As he complied with the order, Harlan gasped, “It’s out at Joe’s place, isn’t it?”

  “Where else, goddammit!”

  Tires squealing, they thundered into Joe’s yard, and as they did so Joe bolted out his front door, hunched over and running fast, carrying a rifle like a marine gutting it up a Pork Chop Hill, dashing behind a huge cottonwood. Even before Joe reached the tree, however, Harlan was diving out of the truck, his .38 blazing in Joe’s direction. Bernabé tumbled out of his door, tripping and crashing belly first into the dirt, then he scrambled up into a squat and backpedaled frantically until his shoulder whacked against a tire, and he spun, duck-waddling hysterically toward the rear as he heard Joe return Harlan’s fire, Harlan bellowing and scrambling rearward too as a slug splintered into the other side of the truck, and, plunging around the tail of the pickup from opposite sides, the two men collided head on, each of their weapons—Harlan’s .38 and the sheriff’s rifle—discharging, though somehow missing, both of them. “You idiot!” Bernabé raged, slugging Harlan clumsily in the chest. “It’s Armijo!” Joe screamed from the tree. “He shot at me! What are you shooting at me for?” “Where is he?” Bernabé hollered. “I dunno!” Joe shouted back. “He’s over there somewhere though, he fired three times!” “Are you hurt?” “No, but no thanks to you, God damn you, Betchel, are you crazy? You point that gun at me again I’ll blow off your balls—!”

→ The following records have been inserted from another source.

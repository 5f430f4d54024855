-- ===== src/Rag/PgVector.antt =====
-- src/rag/vectorstores/pgvector_store.cpp. PQexecParams is a parameter, which gives a result for a
-- statement and its parameters, and `members` are the members of a JSON object; connecting is not
-- modelled.
pub mod Statements
use langchain_cpp.Base.{
  ℕ, zero, suc, Bool, true, false, not, ◌+◌, ◌*◌, List, [], ◌∷◌, ◌++◌, map, Option, none, some,
  if◌then◌else◌, is_empty, length,
}
use langchain_cpp.Base.Text.{Text, codes}
use langchain_cpp.Base.Decimal.{to_string}
use langchain_cpp.Base.Dict.{Dict}
use langchain_cpp.Base.Join.{join}
use langchain_cpp.Base.Json.{Json}
use langchain_cpp.Base.Outcome.{Outcome, ok, throws, traverse}
use langchain_cpp.Base.Exec.{Exec, pure, raise, lift, continue, ◌>>=◌, ◌>>◌}
use langchain_cpp.Rag.Document.{Document}
use langchain_cpp.Rag.Embeddings.{Embeddings}
use langchain_cpp.Rag.Similarity.{iota}
use langchain_cpp.Rag.VectorStore.{VectorStore}
use langchain_cpp.Rag.PgVectorSql.{
  format_vector_literal, build_create_table_sql, build_insert_sql, build_search_sql,
  build_table_exists_sql,
}

-- PGRES_COMMAND_OK, PGRES_TUPLES_OK, and any other
pub data Status : Type 0 where
  command_ok tuples_ok other_status : Status

abbrev pub status_eq : Status → Status → Bool
status_eq command_ok command_ok = true
status_eq tuples_ok tuples_ok = true
status_eq other_status other_status = true
status_eq _ _ = false

-- A result, with its rows and what PQerrorMessage says; a null is none.
pub record PgResult : Type 0 where
  pub status : Status
  pub error : Text
  pub rows : List (List (Option Text))

-- table_ready_, and the world `W` of the database and the embeddings
pub record PgState (W : Type 0) : Type 0 where
  pub table_ready : Bool
  pub rest : W

abbrev pub on_rest : {W A : Type 0} → Exec W A → Exec (PgState W) A
on_rest f s = let (r, w) = f s.rest in (r, record s { rest = w })

abbrev pub set_ready : {W : Type 0} → Bool → Exec (PgState W) (Unit {0})
set_ready ready s = (ok tt, record s { table_ready = ready })

-- PQntuples(result) > 0 && PQgetisnull(result, 0, 0) == 0
abbrev pub has_value : List (List (Option Text)) → Bool
has_value [] = false
has_value ([] ∷ rows) = false
has_value ((none ∷ row) ∷ rows) = false
has_value ((some v ∷ row) ∷ rows) = true

abbrev pub checked : Text → Status → PgResult → Outcome PgResult
checked what expected result =
    if not (status_eq result.status expected)
    then throws (codes "PgVectorStore: " ++ (what ++ (codes " failed: " ++ result.error)))
    else ok result

-- PQgetvalue, which is an empty text for a null
abbrev pub value_of : Option Text → Text
value_of none = []
value_of (some v) = v

abbrev pub column : ℕ → List (Option Text) → Text
column i [] = []
column zero (v ∷ row) = value_of v
column (suc i) (v ∷ row) = column i row

module _ (J : Json) {X : Type 0} (show : X → Text) where
  open J use {Value, object, dump}

  -- param_storage; there is a vector for each document.
  unfoldable pub insert_params : List (Document Value) → List (List X) → List Text
  insert_params [] vectors = []
  insert_params (d ∷ documents) [] = []
  insert_params (d ∷ documents) (v ∷ vectors) =
      d.content
      ∷ dump (object d.metadata)
      ∷ format_vector_literal show v
      ∷ insert_params documents vectors

module _ (J : Json) (members : J.Value → Dict J.Value) where
  open J use {Value, parse}

  abbrev pub parsed_document : Text → Outcome Value → Outcome (Document Value)
  parsed_document content (throws e) = throws e
  parsed_document content (ok v) = ok (record { content = content; metadata = members v })

  unfoldable pub row_document : List (Option Text) → Outcome (Document Value)
  row_document row = parsed_document (column 0 row) (parse (column 1 row))

module _ (J : Json) {X W : Type 0} (show : X → Text)
    (query_params : Text → List Text → W → PgResult × W) (embeddings : Embeddings X W)
    (table_name : Text) (members : J.Value → Dict J.Value) where
  open J use {Value}

  unfoldable pub exec_checked : Text → List Text → Status → Text → Exec (PgState W) PgResult
  exec_checked sql params expected what s =
      let (result, w) = query_params sql params s.rest in
      (checked what expected result, record s { rest = w })

  unfoldable pub ask_table : Exec (PgState W) Bool
  unfolding exec_checked
  ask_table = do
    result ←
        exec_checked (build_table_exists_sql table_name) [] tuples_ok
          (codes "checking whether the table exists")
    set_ready (has_value result.rows) >> pure (has_value result.rows)

  -- PgVectorStore::table_exists
  unfoldable pub table_exists : Exec (PgState W) Bool
  unfolding ask_table
  table_exists s = if s.table_ready then (ok true, s) else ask_table s

  unfoldable pub create_table : ℕ → Exec (PgState W) (Unit {0})
  unfolding exec_checked
  create_table dimension = do
    result ←
        exec_checked (build_create_table_sql table_name dimension) [] command_ok
          (codes "creating the table")
    set_ready true

  -- PgVectorStore::ensure_table_exists
  unfoldable pub ensure_table_exists : ℕ → Exec (PgState W) (Unit {0})
  unfolding table_exists create_table
  ensure_table_exists dimension =
      table_exists >>= λ exists. if exists then pure tt else create_table dimension

  -- vectors.front().size()
  abbrev pub front_size : List (List X) → ℕ
  front_size [] = 0
  front_size (v ∷ vs) = length v

  unfoldable pub insert_documents : List (Document Value) → Exec (PgState W) (Unit {0})
  unfolding ensure_table_exists insert_params exec_checked
  insert_documents documents = do
    vectors ← on_rest (embeddings.embed_documents (map (λ d. d.content) documents))
    ready ← ensure_table_exists (front_size vectors)
    result ←
        exec_checked (build_insert_sql table_name (length documents))
          (insert_params J show documents vectors) command_ok (codes "inserting documents")
    pure tt

  -- PgVectorStore::add_documents
  unfoldable pub add_documents : List (Document Value) → Exec (PgState W) (Unit {0})
  unfolding insert_documents
  add_documents documents s =
      if is_empty documents then (ok tt, s) else insert_documents documents s

  unfoldable pub search_table : List X → ℕ → Exec (PgState W) (List (Document Value))
  unfolding exec_checked row_document
  search_table query_vector k = do
    result ←
        exec_checked (build_search_sql table_name k) (format_vector_literal show query_vector ∷ [])
          tuples_ok (codes "searching")
    lift (traverse (row_document J members) result.rows)

  -- PgVectorStore::similarity_search
  unfoldable pub similarity_search : Text → ℕ → Exec (PgState W) (List (Document Value))
  unfolding table_exists search_table
  similarity_search query k = do
    query_vector ← on_rest (embeddings.embed_query query)
    exists ← table_exists
    if not exists then pure [] else search_table query_vector k

  abbrev pub pg_vector_store : VectorStore Value (PgState W)
  pg_vector_store = record { add_documents = add_documents; similarity_search = similarity_search }
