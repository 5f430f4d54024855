-- ===== src/Rag/PgVector/Statements.antt =====
-- What an insertion sends, and what a search reads.
use langchain_cpp.Base.{
  ℕ, zero, suc, ◌+◌, ◌*◌, ◌≡◌, subst, List, [], ◌∷◌, map, Option, some, get_elem?, arith,
}
use langchain_cpp.Base.Text.{Text}
use langchain_cpp.Base.Dict.{Dict}
use langchain_cpp.Base.Json.{Json, RoundTrips}
use langchain_cpp.Base.Outcome.{ok, traverse, traverse-map}
use langchain_cpp.Rag.Document.{Document}
use langchain_cpp.Rag.PgVectorSql.{format_vector_literal}
use langchain_cpp.Rag.PgVector.{insert_params, row_document}

three_on :
    (a b c : Text) (rest : List Text) (n m : ℕ) (t : Text)
    → m ≡ suc (suc (suc n))
    → get_elem? rest n ≡ some t
    → get_elem? (a ∷ b ∷ c ∷ rest) m ≡ some t
three_on a b c rest n m t e h =
    subst (λ k. get_elem? (a ∷ b ∷ c ∷ rest) k ≡ some t) {x = suc (suc (suc n))} (omega (arith, e))
      h

module _ (J : Json) {X : Type 0} (show : X → Text) where
  open J use {Value, object, dump}

  -- The document's parameters from its first on.
  abbrev pub SentAt : List Text → ℕ → Document Value → List X → Type 0
  SentAt ps i d v =
      (get_elem? ps (i * 3) ≡ some d.content)
      × (get_elem? ps (i * 3 + 1) ≡ some (dump (object d.metadata)))
      × (get_elem? ps (i * 3 + 2) ≡ some (format_vector_literal show v))

  -- The parameters of the document `i`, counted from 0, are those that its placeholders in the
  -- statement number from 1: its content, its metadata as JSON, and its vector.
  pub insert_params-SentAt :
      (documents : List (Document Value)) (vectors : List (List X)) (i : ℕ) (d : Document Value)
      (v : List X)
      → get_elem? documents i ≡ some d
      → get_elem? vectors i ≡ some v
      → SentAt (insert_params J show documents vectors) i d v
  unfolding insert_params
  insert_params-SentAt [] vectors i d v e f = ground arith
  insert_params-SentAt (x ∷ documents) [] i d v e f = ground arith
  insert_params-SentAt (x ∷ documents) (y ∷ vectors) zero d v e f = ground arith
  insert_params-SentAt (x ∷ documents) (y ∷ vectors) (suc i) d v e f =
      let (p, q, r) = insert_params-SentAt documents vectors i d v e f in
      let next =
        three_on x.content (dump (object x.metadata)) (format_vector_literal show y)
          (insert_params J show documents vectors) in
      (
        next (i * 3) (suc i * 3) d.content (omega arith) p,
        next (i * 3 + 1) (suc i * 3 + 1) (dump (object d.metadata)) (omega arith) q,
        next (i * 3 + 2) (suc i * 3 + 2) (format_vector_literal show v) (omega arith) r,
      )

module _ (J : Json) (members : J.Value → Dict J.Value) where
  open J use {Value, object, dump}

  -- The row that an insertion stores for a document.
  abbrev pub stored_row : Document Value → List (Option Text)
  stored_row d = some d.content ∷ some (dump (object d.metadata)) ∷ []

  -- The rows that were stored for documents are read back as the documents, in the order of the rows.
  pub rows_round_trip :
      RoundTrips J
      → ((fs : Dict Value) → members (object fs) ≡ fs)
      → (documents : List (Document Value))
      → traverse (row_document J members) (map stored_row documents) ≡ ok documents
  unfolding row_document
  rows_round_trip r m documents =
      traverse-map (row_document J members) stored_row documents (λ d. simp (r.parse-dump, m))
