-- ===== src/Rag/Qdrant/Points.antt =====
-- Documents through the payloads of a collection.
use langchain_cpp.Base.{◌≡◌, refl, List, [], ◌∷◌, length, arith}
use langchain_cpp.Base.Text.{Text, codes}
use langchain_cpp.Base.Dict.{Dict}
use langchain_cpp.Base.Json.{Json}
use langchain_cpp.Base.Outcome.{ok, traverse}
use langchain_cpp.Rag.Document.{Document}
use langchain_cpp.Rag.Embeddings.{VectorJson}
use langchain_cpp.Rag.Qdrant.{payload_of, point, points, item_document, parse_search_response}

module _ (J : Json) {X : Type 0} (V : VectorJson J X) (members : J.Value → Dict J.Value)
    (members-object : (fs : Dict J.Value) → members (J.object fs) ≡ fs) where
  open J use {Value}

  item :
      (id : Text) (v : List X) (d : Document Value)
      → item_document J members (point J V id v d) ≡ ok d
  unfolding item_document point payload_of
  item id v d = simp (J.is_object-object, J.find-object, J.as_string-string, members-object)

  all_items :
      (ids : List Text) (vectors : List (List X)) (documents : List (Document Value))
      → length ids ≡ length documents
      → length vectors ≡ length documents
      → traverse (item_document J members) (points J V ids vectors documents) ≡ ok documents
  unfolding traverse points
  all_items [] [] [] a b = refl
  all_items (id ∷ ids) (v ∷ vectors) (d ∷ documents) a b =
      rw (item id v d, all_items ids vectors documents (omega (arith, a)) (omega (arith, b))) refl
  all_items [] [] (d ∷ documents) a b = ground arith
  all_items [] (v ∷ vectors) [] a b = ground arith
  all_items [] (v ∷ vectors) (d ∷ documents) a b = ground arith
  all_items (id ∷ ids) [] documents a b = ground arith
  all_items (id ∷ ids) (v ∷ vectors) [] a b = ground arith

  -- A search that finds points as they were stored gives their documents back, contents and metadata,
  -- in the order found.
  pub search_stored :
      (ids : List Text) (vectors : List (List X)) (documents : List (Document Value))
      → length ids ≡ length documents
      → length vectors ≡ length documents
      → parse_search_response J members
          (J.object ((codes "result", J.array (points J V ids vectors documents)) ∷ []))
        ≡ ok documents
  unfolding parse_search_response
  search_stored ids vectors documents a b =
      simp
        (J.is_object-object, J.find-object, J.elements-array, all_items ids vectors documents a b)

  “He … he had the gun … he was running…” Harlan blubbered, ashen-faced, about to faint.

  Joe leaped out from behind the tree and scrambled pell-mell across the open space, diving practically into their laps in the shelter of the truck.

  “I’m sorry…” Harlan stammered. “I didn’t think…”

  “What would Armijo be doing this for?” Bernabé gasped, all out of breath, his heart thundering so hard he thought his chest would explode.

  “I dunno. He shot three times,” Joe blurted. “I never even saw the bastard. I was watching TV.”

  “Where did the bullets hit?” the sheriff asked.

  “Your guess is as good as mine.” Joe crawled up front and peered around the edge of a tire. “I can’t see a fucking thing over there. Maybe he’s lying on the roof, the bastard, behind the fire wall—”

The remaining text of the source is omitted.